I’m a HUGE fan of LPR, so thank you to you, Holly, and to Steven for visiting American University. My students learned so much about editing and publishing by reading LPR and having you both visit our class. I was inspired to teach and to design the class to share everything I’ve learned about the industry the hard way. Literary Editing & Publishing is the class I wish I’d had during my MFA days.
I try to demystify the writing process. We talk about careers in editing, the query process, book proposals, pitches, literary agents, and the value of literary journals. We read three to four DC journals and invite those editors into our learning lab. I believe students learn best when doing, so they get hands-on practice in branding, promotion, marketing, website development, and book launches. My students are incredibly creative and talented. Launching Furious Gravity during a pandemic has also helped them become adaptable in thinking about how to reach readers.
And last but not least, where can people find Furious Gravity? How about your own work?
Thank you for asking! Furious Gravity is available only from Politics & Prose. You can read all about our book launch, local media, contributors, and press at the website my students created.

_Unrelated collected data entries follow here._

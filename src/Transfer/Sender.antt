-- ===== src/Transfer/Sender.antt =====
-- internal/infrastructure/transfer/transfer.go: the chunks of a file and the messages that carry
-- them. internal/infrastructure/nats: the subjects, and how a message is published.
use update_service.Base.{
  ℕ, ◌+◌, ◌*◌, ◌/◌, String, List, [], ◌∷◌, cat, str_eq, if◌then◌else◌, decimal, length, take, drop,
}
use update_service.Domain.Json.{Json}
use update_service.Effect.{json, ok, M, ◌>>◌, call}

-- `ChunkHeaderSize`
abbrev pub chunk_size : ℕ
chunk_size = 65536

-- `(fileSize + int64(chunkSize) - 1) / int64(chunkSize)`
unfoldable pub total_chunks : ℕ → ℕ
total_chunks file_size = (file_size + 65535) / 65536

-- What the loop reads for an index: the file is read from its start, a full buffer at a time.
abbrev pub chunk_payload : List ℕ → ℕ → List ℕ
chunk_payload file index = take chunk_size (drop (index * 65536) file)

-- `fmt.Sprintf("%s:%d", transferID, chunkIdx)`
abbrev pub chunk_id : String → ℕ → String
chunk_id transfer_id index = cat transfer_id (cat ":" (decimal index))

abbrev pub Headers : Type 0
Headers = List (String × String)

-- `Get`: the empty text for a key that is not there.
abbrev pub header : String → Headers → String
header key [] = ""
header key (h ∷ hs) = if str_eq key h.0 then h.1 else header key hs

-- The headers of a chunk. The deadline's text is that of time.Format.
unfoldable pub chunk_headers :
    (List ℕ → String) → String → String → String → String → String → List ℕ → ℕ → Headers
chunk_headers sha256 operation_id transfer_id target file_sha256 deadline file index =
    ("Nats-Msg-Id", chunk_id transfer_id index)
    ∷ ("X-Schema-Version", "1")
    ∷ ("X-Message-Type", "chunk")
    ∷ ("X-Operation-Id", operation_id)
    ∷ ("X-Correlation-Id", operation_id)
    ∷ ("X-Transfer-Id", transfer_id)
    ∷ ("X-Chunk-Id", chunk_id transfer_id index)
    ∷ ("X-Chunk-Index", decimal index)
    ∷ ("X-Offset", decimal (index * 65536))
    ∷ ("X-Payload-Length", decimal (length (chunk_payload file index)))
    ∷ ("X-Chunk-Size", decimal chunk_size)
    ∷ ("X-Total-Bytes", decimal (length file))
    ∷ ("X-Total-Chunks", decimal (total_chunks (length file)))
    ∷ ("X-Chunk-SHA256", sha256 (chunk_payload file index))
    ∷ ("X-File-SHA256", file_sha256)
    ∷ ("X-Source-Node-Id", "self")
    ∷ ("X-Destination-Node-Id", target)
    ∷ ("X-Chunk-Deadline-At", deadline)
    ∷ ("X-Transfer-Deadline-At", deadline)
    ∷ []

-- `PublishEvent`
unfoldable pub publish_event : Json → M (Unit {0})
unfolding call
publish_event event = do
  call
  λ _ w. ok tt (record w {
    published =
        (record { subject = "control.events"; headers = []; content = json event }) ∷ w.published;
  })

Melissa Scholes Young is the author of the novel Flood, winner of the Literary Fiction Category for the 2017 Best Book Award from American Book Fest. She published Guinea Pig, a chapbook of fiction, in 2018 with Voiceover Press. Her writing has appeared in The Atlantic, The Washington Post, Narrative, Ploughshares, Poet Lore, and Poets & Writers. She’s a contributing editor for Fiction Writers Review and editor of two volumes of DC Women Writers: Grace in Darkness (2018) and Furious Gravity (2020). Scholes Young was named a Bread Loaf Camargo Fellow and a Quarry Farm Fellow at the Center for Mark Twain Studies. She is an associate professor in the Department of Literature at American University in Washington, DC.